Звучало действительно обещающе.
– И что потом? – спросил Володя. – Кисель, размазня! Многословие, суесловие, какая-нибудь простенькая мораль, как в басне.
– Потому что оба публицисты в стихах, – сказал я. – Таких сейчас много.
– Рифмованной публицистики пруд пруди, – согласился Соколов. – Но таких, как Евтушенко и Куняев – только они. Причём очень похожи друг на друга. Оба были наделены даром и оба его профукали. Так и не научились удерживать в себе лирическое напряжение.
– «Учусь удерживать вниманье долгих дум», – процитировал я.
– Кто это? – спросил Соколов.
– Пушкин, – отвечаю. – Стихотворение «Чаадаеву». 1821 год. А после – в 1833-м, в «Осени»: «И думы долгие в душе своей питаю».
– Вот-вот, – обрадовано сказал Володя. – А эти оба расслабляются, и музыка уходит! Сколько раз – начинаешь читать, – в руках у Соколова всё ещё книга Куняева, он её листает, – смотришь, вдумываешься, а потом, – он бросает книгу на кровать, – чувствуешь, что тебя манили на голую блесну. А знаешь, почему они сломались?
– Почему?
– Потому что Женька вошёл в моду и стал зависеть от публики, – определил Соколов. – Гнал стих ей на потребу.

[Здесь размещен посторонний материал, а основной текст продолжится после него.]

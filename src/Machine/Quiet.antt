-- ===== src/Machine/Quiet.antt =====
-- The calls that leave a property of the effects alone because all their effects are of a kind
-- that the property does not look at.
use xaac_thin_client_os.Base.{Bool, true, String, List, [], ◌∷◌, ◌≡◌}
use xaac_thin_client_os.Json.{Json}
use xaac_thin_client_os.Machine.State.{Event, ran, wrote, made_dir, copied, removed, Disk}
use xaac_thin_client_os.Machine.Monad.{effect, Result, ok, err}
use xaac_thin_client_os.Machine.Values.{str_value}
use xaac_thin_client_os.Machine.Files.{
  is_file, is_dir, is_symlink, exists, resolve, read, read_text, load_json, parsed, atomic_json,
  sha256, file_size, make_dir, ensure_dir, copy, remove, iterdir,
}
use xaac_thin_client_os.Machine.Commands.{
  run, run_checked, installed_version, process_running, unit_exists, unit_active, dpkg_audit,
  apt_check,
}
use xaac_thin_client_os.Machine.Keeps.{Keeps, Keeps-run, Keeps-effect, keeps_rules}

-- `P` is not changed by an effect of the kind `quiet`.
pub record Ignores (quiet : Event → Bool) (P : List Event → Type 0) : Type 0 where
  pub past : (e : Event) → quiet e ≡ true → (t : List Event) → P t → P (e ∷ t)

module _ {quiet : Event → Bool} {P : List Event → Type 0} (i : Ignores quiet P) where
  pub Ignores-run : (c : List String) → quiet (ran c) ≡ true → Keeps P (run c)
  Ignores-run c q = Keeps-run c (i.past (ran c) q)

  pub Ignores-effect : (e : Event) (f : Disk → Disk) → quiet e ≡ true → Keeps P (effect e f)
  Ignores-effect e f q = Keeps-effect e f (i.past e q)

  pub Ignores-run_checked : (c : List String) → quiet (ran c) ≡ true → Keeps P (run_checked c)
  unfolding run_checked
  Ignores-run_checked c q = search (keeps_rules, Ignores-run)

module _ {P : List Event → Type 0} where
  pub Keeps-is_file : (p : String) → Keeps P (is_file p)
  unfolding is_file
  Keeps-is_file p = search keeps_rules

  pub Keeps-is_dir : (p : String) → Keeps P (is_dir p)
  unfolding is_dir
  Keeps-is_dir p = search keeps_rules

  pub Keeps-is_symlink : (p : String) → Keeps P (is_symlink p)
  unfolding is_symlink
  Keeps-is_symlink p = search keeps_rules

  pub Keeps-exists : (p : String) → Keeps P (exists p)
  unfolding exists
  Keeps-exists p = search keeps_rules

  pub Keeps-resolve : (p : String) → Keeps P (resolve p)
  unfolding resolve
  Keeps-resolve p = search keeps_rules

  pub Keeps-read : (p : String) → Keeps P (read p)
  unfolding read
  Keeps-read p = search keeps_rules

  pub Keeps-read_text : (p : String) → Keeps P (read_text p)
  unfolding read_text
  Keeps-read_text p = search (keeps_rules, Keeps-read)

  Keeps-parsed : (r : Result Json) → Keeps P (parsed r)
  Keeps-parsed (err e) = search keeps_rules
  Keeps-parsed (ok v) = search keeps_rules

  pub Keeps-load_json : (p : String) → Keeps P (load_json p)
  unfolding load_json
  Keeps-load_json p = search (keeps_rules, Keeps-parsed)

  pub Keeps-sha256 : (p : String) → Keeps P (sha256 p)
  unfolding sha256
  Keeps-sha256 p = search (keeps_rules, Keeps-read)

  pub Keeps-file_size : (p : String) → Keeps P (file_size p)
  unfolding file_size
  Keeps-file_size p = search (keeps_rules, Keeps-read)

  pub Keeps-iterdir : (p : String) → Keeps P (iterdir p)
  unfolding iterdir
  Keeps-iterdir p = search keeps_rules

  pub Keeps-str_value : (v : Json) → Keeps P (str_value v)
  unfolding str_value
  Keeps-str_value v = search keeps_rules

pub ruleset look_rules = (
  keeps_rules, Keeps-is_file, Keeps-is_dir, Keeps-is_symlink, Keeps-exists, Keeps-resolve,
  Keeps-read, Keeps-read_text, Keeps-load_json, Keeps-sha256, Keeps-file_size, Keeps-iterdir,
)

-- A kind of effect that takes in what the shared helpers of the runtimes do, but for the writing
-- of JSON files.
pub record IsUsual (quiet : Event → Bool) : Type 0 where
  pub made_dir_lem : (p : String) → quiet (made_dir p) ≡ true
  pub copied_lem : (p q : String) → quiet (copied p q) ≡ true
  pub removed_lem : (p : String) → quiet (removed p) ≡ true
  pub query_lem :
      (c : String) (cs : List String) → quiet (ran ("/usr/bin/dpkg-query" ∷ c ∷ cs)) ≡ true
  pub pgrep_lem : (c : String) (cs : List String) → quiet (ran ("/usr/bin/pgrep" ∷ c ∷ cs)) ≡ true
  pub systemctl_lem :
      (c : String) (cs : List String) → quiet (ran ("/usr/bin/systemctl" ∷ c ∷ cs)) ≡ true
  pub audit_lem : quiet (ran ("/usr/bin/dpkg" ∷ "--audit" ∷ [])) ≡ true
  pub check_lem :
      quiet (ran ("/usr/bin/apt-get" ∷ "-o" ∷ "Debug::NoLocking=true" ∷ "check" ∷ [])) ≡ true

module _ {quiet : Event → Bool} {P : List Event → Type 0} (i : Ignores quiet P) where
  pub Keeps-atomic_json :
      (p : String) (v : Json) → quiet (wrote p v) ≡ true → Keeps P (atomic_json p v)
  unfolding atomic_json
  Keeps-atomic_json p v q = search (look_rules, Ignores-effect i _ _ q)

module _ {quiet : Event → Bool} {P : List Event → Type 0} (i : Ignores quiet P)
    (u : IsUsual quiet) where
  pub Keeps-make_dir : (p : String) → Keeps P (make_dir p)
  unfolding make_dir
  Keeps-make_dir p = search (look_rules, Ignores-effect i (made_dir p) _ (u.made_dir_lem p))

  pub Keeps-ensure_dir : (p : String) → Keeps P (ensure_dir p)
  unfolding ensure_dir
  Keeps-ensure_dir p = search (look_rules, Ignores-effect i (made_dir p) _ (u.made_dir_lem p))

  pub Keeps-copy : (p q : String) → Keeps P (copy p q)
  unfolding copy
  Keeps-copy p q =
      search (look_rules, λ (f : Disk → Disk). Ignores-effect i (copied p q) f (u.copied_lem p q))

  pub Keeps-remove : (p : String) → Keeps P (remove p)
  unfolding remove
  Keeps-remove p = Ignores-effect i (removed p) _ (u.removed_lem p)

  pub Keeps-installed_version : (p : String) → Keeps P (installed_version p)
  unfolding installed_version
  Keeps-installed_version p = search (keeps_rules, Ignores-run i _ (u.query_lem _ _))

  pub Keeps-process_running : (p : String) → Keeps P (process_running p)
  unfolding process_running
  Keeps-process_running p = search (keeps_rules, Ignores-run i _ (u.pgrep_lem _ _))

  pub Keeps-unit_exists : (p : String) → Keeps P (unit_exists p)
  unfolding unit_exists
  Keeps-unit_exists p = search (keeps_rules, Ignores-run i _ (u.systemctl_lem _ _))

  pub Keeps-unit_active : (p : String) → Keeps P (unit_active p)
  unfolding unit_active
  Keeps-unit_active p = search (keeps_rules, Ignores-run i _ (u.systemctl_lem _ _))

  pub Keeps-dpkg_audit : Keeps P dpkg_audit
  unfolding dpkg_audit
  Keeps-dpkg_audit = search (keeps_rules, Ignores-run i _ u.audit_lem)

  pub Keeps-apt_check : Keeps P apt_check
  unfolding apt_check
  Keeps-apt_check = search (keeps_rules, Ignores-run i _ u.check_lem)
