-- ===== src/Machine/Yields.antt =====
-- Runs with a property of the effects for each way to end: `Q` where they return, `R` where they
-- raise.
use xaac_thin_client_os.Base.{String, Option, none, some, List, ◌∷◌, ◌≡◌}
use xaac_thin_client_os.Machine.State.{World, Event, Disk, Outcome, refused, completed, ran}
use xaac_thin_client_os.Machine.Commands.{run, answer}
use xaac_thin_client_os.Machine.Monad.{
  M, Exc, Result, ok, err, raise, continue, ◌>>=◌, settle, try, effect, apply_effect,
}
use xaac_thin_client_os.Machine.Keeps.{Keeps}

abbrev pub After :
    {A : Type 0} → (List Event → Type 0) → (List Event → Type 0) → Result A × World → Type 0
After Q R (ok a, w) = Q w.trace
After Q R (err e, w) = R w.trace

pub record Yields {A : Type 0} (P : List Event → Type 0) (m : M A) (Q R : List Event → Type 0)
    : Type 0 where
  pub at : (w : World) → P w.trace → After Q R (m w)

-- One property implies another.
abbrev pub Implies : (List Event → Type 0) → (List Event → Type 0) → Type 0
Implies P Q = (t : List Event) → P t → Q t

module _ {A : Type 0} (P Q R S X : List Event → Type 0) where
  After-same : (r : Result A × World) → P r.1.trace → After P P r
  After-same (ok a, w) h = h
  After-same (err e, w) h = h

  after-either : (r : Result A × World) → Implies Q P → Implies R P → After Q R r → P r.1.trace
  after-either (ok a, w) q r h = q w.trace h
  after-either (err e, w) q r h = r w.trace h

  After-weaken : (r : Result A × World) → Implies Q S → Implies R X → After Q R r → After S X r
  After-weaken (ok a, w) q r h = q w.trace h
  After-weaken (err e, w) q r h = r w.trace h

module _ {A B : Type 0} (Q R S X : List Event → Type 0) where
  After-continue :
      (r : Result A × World) (f : A → M B)
      → ((a : A) → Yields Q (f a) S R)
      → After Q R r
      → After S R (continue r.0 f r.1)
  unfolding raise
  After-continue (ok a, w) f k h = (k a).at w h
  After-continue (err e, w) f k h = h

  After-settle :
      (r : Result A × World) (f : A → M B) (g : Exc → M B)
      → ((a : A) → Yields Q (f a) S R)
      → ((e : Exc) → Yields X (g e) S R)
      → After Q X r
      → After S R (settle r.0 f g r.1)
  After-settle (ok a, w) f g k l h = (k a).at w h
  After-settle (err e, w) f g k l h = (l e).at w h

After-effect :
    (P Q : List Event → Type 0) (o : Option String) (e : Event) (f : Disk → Disk) (w : World)
    → ((t : List Event) → P t → Q (e ∷ t))
    → P w.trace
    → After Q P (apply_effect o e f w)
After-effect P Q none e f w step h = step w.trace h
After-effect P Q (some why) e f w step h = h

module _ {A : Type 0} {P : List Event → Type 0} where
  pub Yields-keeps : (m : M A) → Keeps P m → Yields P m P P
  Yields-keeps m k = record { at = λ w h. After-same P P P P P (m w) (k.at w h) }

module _ {A : Type 0} {P Q R : List Event → Type 0} where
  -- What holds however the run ends.
  pub either_way : (m : M A) → Yields P m Q R → Implies Q P → Implies R P → Keeps P m
  either_way m y q r = record { at = λ w h. after-either P Q R P P (m w) q r (y.at w h) }

module _ {A : Type 0} {P Q R P' Q' R' : List Event → Type 0} where
  pub Yields-weaken :
      (m : M A) → Implies P' P → Implies Q Q' → Implies R R' → Yields P m Q R → Yields P' m Q' R'
  Yields-weaken m p q r y = record {
    at = λ w h. After-weaken P Q R Q' R' (m w) q r (y.at w (p w.trace h));
  }

module _ {A : Type 0} {P Q : List Event → Type 0} where
  pub Yields-raise : (e : Exc) → Yields P (raise {A = A} e) Q P
  unfolding raise
  Yields-raise e = record { at = λ w h. h }

module _ {A B : Type 0} {P Q R S X : List Event → Type 0} where
  pub Yields-try :
      (m : M A) (f : A → M B) (g : Exc → M B)
      → Yields P m Q X
      → ((a : A) → Yields Q (f a) S R)
      → ((e : Exc) → Yields X (g e) S R)
      → Yields P (try m f g) S R
  unfolding try
  Yields-try m f g y k l = record { at = λ w h. After-settle Q R S X (m w) f g k l (y.at w h) }

module _ {A B : Type 0} {P Q R S : List Event → Type 0} where
  pub Yields-bind :
      (m : M A) (f : A → M B)
      → Yields P m Q R
      → ((a : A) → Yields Q (f a) S R)
      → Yields P (m >>= f) S R
  unfolding ◌>>=◌
  Yields-bind m f y k = record { at = λ w h. After-continue Q R S S (m w) f k (y.at w h) }

module _ {P Q : List Event → Type 0} where
  pub Yields-effect :
      (e : Event) (f : Disk → Disk)
      → ((t : List Event) → P t → Q (e ∷ t))
      → Yields P (effect e f) Q P
  unfolding effect
  Yields-effect e f step = record {
    at = λ w h. After-effect P Q (w.host.fault w.time e) e f w step h;
  }

After-answer :
    (P Q : List Event → Type 0) (o : Outcome × Disk) (c : List String) (w : World)
    → ((t : List Event) → P t → Q (ran c ∷ t))
    → P w.trace
    → After Q Q (answer o c w)
After-answer P Q (refused why, d) c w step h = step w.trace h
After-answer P Q (completed code out error, d) c w step h = step w.trace h

module _ {P Q : List Event → Type 0} where
  -- A command is recorded whether or not it could be run.
  pub Yields-run :
      (c : List String) → ((t : List Event) → P t → Q (ran c ∷ t)) → Yields P (run c) Q Q
  unfolding run
  Yields-run c step = record {
    at = λ w h. After-answer P Q (w.host.exec w.time c w.disk) c w step h;
  }

module _ {A B : Type 0} {P S R : List Event → Type 0} where
  -- The first part is known to change nothing and to return `a`.
  pub Yields-known :
      (m : M A) (f : A → M B) (a : A)
      → ((w : World) → m w ≡ (ok a, w))
      → Yields P (f a) S R
      → Yields P (m >>= f) S R
  unfolding ◌>>=◌
  Yields-known m f a known y = record { at = λ w h. rw (known w) (y.at w h) }
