-- ===== src/Machine/Status.antt =====
-- The status that a state file holds, read off the record of effects.
use xaac_thin_client_os.Base.{
  Bool, true, false, ◌≡◌, String, Option, none, some, List, [], ◌∷◌, str_eq, if◌then◌else◌,
}
use xaac_thin_client_os.Json.{Json, null, obj, get}
use xaac_thin_client_os.Machine.{Event, wrote}
use xaac_thin_client_os.Machine.Quiet.{Ignores}

abbrev pub status_in : Json → Json
status_in (obj fs) = get "status" fs
status_in _ = null

-- The status that an effect writes to the file.
abbrev pub published_at : String → Event → Option Json
published_at path (wrote p v) = if str_eq p path then some (status_in v) else none
published_at path _ = none

-- The status in the file after these effects.
abbrev pub status_at : String → List Event → Json
status_at path [] = null
status_at path (e ∷ t) = elim (published_at path e) [ none ↦ status_at path t | some s ↦ s ]

abbrev pub is_unwritten : Event → Bool
is_unwritten (wrote p v) = false
is_unwritten e = true

module _ (path : String) (v : Json) where
  unwritten-status :
      (e : Event) (t : List Event)
      → is_unwritten e ≡ true
      → status_at path t ≡ v
      → status_at path (e ∷ t) ≡ v
  unwritten-status (wrote p u) t q h = cc
  unwritten-status _ t q h = h

  pub Ignores-status_at : Ignores is_unwritten (λ t. status_at path t ≡ v)
  Ignores-status_at = record { past = λ e q t h. unwritten-status e t q h }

А Стас ему безотчётно подражал. Оба погибли для поэзии. Оба стали, как тот пушкинский поэт, – и Володя со вкусом процитировал: – «В заботы суетного света / Он малодушно погружён». «Малодушно»! – Соколов даже зажмурился от удовольствия. – Волшебник Пушкин! Мало души! А кто, сталкиваясь с суетой, проявляет малодушие?
– Кто? – спросил я.
– Обыватель, – радостно ответил Володя. – Потому и банальны их концовки. Ради готовых ответов напрягаться не надо. Такие стихи, как выдохшееся пиво: пивом пахнет, а пьёшь – вода! Вот чего не понимают ни они, ни Кожинов, ни Глушкова.
В первой своей статье в «Вопросах литературы», которая понравилась многим, Глушкова, раздавая тычки и зуботычины критикам и литературоведам, поучала их, так сказать, собственным примером – анализом стихотворения Фета. Анализ очень понравился Кожинову:
– Он мне давал его читать, – сказал Соколов. – Я ему тогда же сказал, что Глушкова ничего не поняла в Фете, сделала его бесчеловечным эгоцентристом. Достань вон с той полки Фета.

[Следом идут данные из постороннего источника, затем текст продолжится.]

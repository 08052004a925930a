-- ===== src/Update/Quiet.antt =====
-- The calls of the updater that write no state file, for any property of the effects that ignores
-- theirs.
use xaac_thin_client_os.Base.{Bool, true, false, String, Option, none, some, List, ◌∷◌, ◌≡◌, str_eq}
use xaac_thin_client_os.Json.{Json, Fields, bool, num, text}
use xaac_thin_client_os.Machine.{Event, ran, wrote, archived, extracted, audited, locked}
use xaac_thin_client_os.Machine.Keeps.{Keeps, keeps_rules}
use xaac_thin_client_os.Machine.Quiet
use xaac_thin_client_os.Machine.Quiet.{Ignores, IsUsual, look_rules}
use xaac_thin_client_os.Update.Policy.{
  load_policy, setting, path_setting, int_setting, to_int, state_path,
}
use xaac_thin_client_os.Update.Manifest.{
  safe_relative_filename, safe_version_path_component, package_cache_path, manifest_components,
  target_os_version, required_text, component, release_of,
}

-- A kind of effect that takes in all that the updater does, but for the writing of the state file
-- and the change of packages.
pub record IsSpared (quiet : Event → Bool) : Type 0 where
  pub usual : IsUsual quiet
  pub wrote_lem : (p : String) (v : Json) → str_eq p state_path ≡ false → quiet (wrote p v) ≡ true
  pub archived_lem : (p : String) → quiet (archived p) ≡ true
  pub extracted_lem : (p : String) → quiet (extracted p) ≡ true
  pub audited_lem : (n : String) → quiet (audited n) ≡ true
  pub locked_lem : quiet locked ≡ true
  pub pkill_lem : (c : String) (cs : List String) → quiet (ran ("/usr/bin/pkill" ∷ c ∷ cs)) ≡ true

module _ {P : List Event → Type 0} where
  pub Keeps-setting : (p : Fields) (a b : String) → Keeps P (setting p a b)
  unfolding setting
  Keeps-setting p a b = search keeps_rules

  pub Keeps-path_setting : (p : Fields) (a b : String) → Keeps P (path_setting p a b)
  unfolding path_setting
  Keeps-path_setting p a b = search (keeps_rules, Keeps-setting)

  pub Keeps-to_int : (v : Json) → Keeps P (to_int v)
  unfolding to_int
  Keeps-to_int (num n) = search keeps_rules
  Keeps-to_int (bool b) = search keeps_rules
  Keeps-to_int (text s) = search keeps_rules
  Keeps-to_int _ = search keeps_rules

  pub Keeps-int_setting : (p : Fields) (a b : String) → Keeps P (int_setting p a b)
  unfolding int_setting
  Keeps-int_setting p a b = search (keeps_rules, Keeps-setting, Keeps-to_int)

  pub Keeps-load_policy : Keeps P load_policy
  unfolding load_policy
  Keeps-load_policy = search look_rules

  pub Keeps-safe_relative_filename : (s : String) → Keeps P (safe_relative_filename s)
  unfolding safe_relative_filename
  Keeps-safe_relative_filename s = search keeps_rules

  pub Keeps-package_cache_path : (p : Fields) (a b : String) → Keeps P (package_cache_path p a b)
  unfolding package_cache_path safe_version_path_component
  Keeps-package_cache_path p a b = search (keeps_rules, Keeps-path_setting)

  Keeps-required_text : (item : Fields) (k : String) → Keeps P (required_text item k)
  unfolding required_text
  Keeps-required_text item k = search keeps_rules

  Keeps-component : (v : Json) → Keeps P (component v)
  unfolding component
  Keeps-component v =
      search (keeps_rules, Keeps-required_text, Keeps-safe_relative_filename) depth 16

  pub Keeps-manifest_components : (m : Fields) → Keeps P (manifest_components m)
  unfolding manifest_components
  Keeps-manifest_components m = search (keeps_rules, Keeps-component)

  Keeps-release_of : (v : Option Json) → Keeps P (release_of v)
  unfolding release_of
  Keeps-release_of none = search keeps_rules
  Keeps-release_of (some v) = search keeps_rules

  pub Keeps-target_os_version : (m : Fields) → Keeps P (target_os_version m)
  unfolding target_os_version
  Keeps-target_os_version m = search (keeps_rules, Keeps-release_of)

pub ruleset read_rules = (
  look_rules, Keeps-setting, Keeps-path_setting, Keeps-int_setting, Keeps-load_policy,
  Keeps-safe_relative_filename, Keeps-package_cache_path, Keeps-manifest_components,
  Keeps-target_os_version,
)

Я достал. Соколов нашёл нужное стихотворение. Прочёл:
За гробом шла, шатаясь, мать.
Надгробное рыданье! —
Но мне казалось, что легко
И самое страданье!
– «Казалось», понимаешь? У него и перед этим, там, где разговор о «гробике розовом»: «И мне казалось, что душа / Парила молодая». Это зачарованность неземной высшей жизнью. Смотри:
Вдруг звуки стройно, как орган,
Запели в отдаленьи;
Невольно дрогнула душа
При этом стройном пеньи.
И шёл и рос поющий хор, —
И непонятной силой
В душе сливался лик небес
С безмолвною могилой.
– Понимаешь? Он сейчас парит над землёй. Он в других сферах. Причём не утверждает, что страданье легко, но предупреждает, что ему это кажется: «Мне казалось». А что пишет эта (он употребил непечатное слово)? Что Фет здесь эстетически наслаждается жизнью. Ах, (ещё одно непечатное слово)! Хоронила ли она кого-нибудь? Я так и сказал Диме: это не человеком написано, а нелюдью!
– Да, Дима и сам восхитился строчками Юрия Кузнецова: «Я пил из черепа отца / За правду на земле», – сказал я. – Кожинов объясняет это воскрешением древних символов, следованием обычаям предков.
– Предки, – усмехнулся Соколов, – когда-то человечину ели. Съедали самого храброго, убеждённые, что его храбрость перейдёт в них. Господи! – он обхватил голову руками, – до чего дошли? До воспевания людоедства!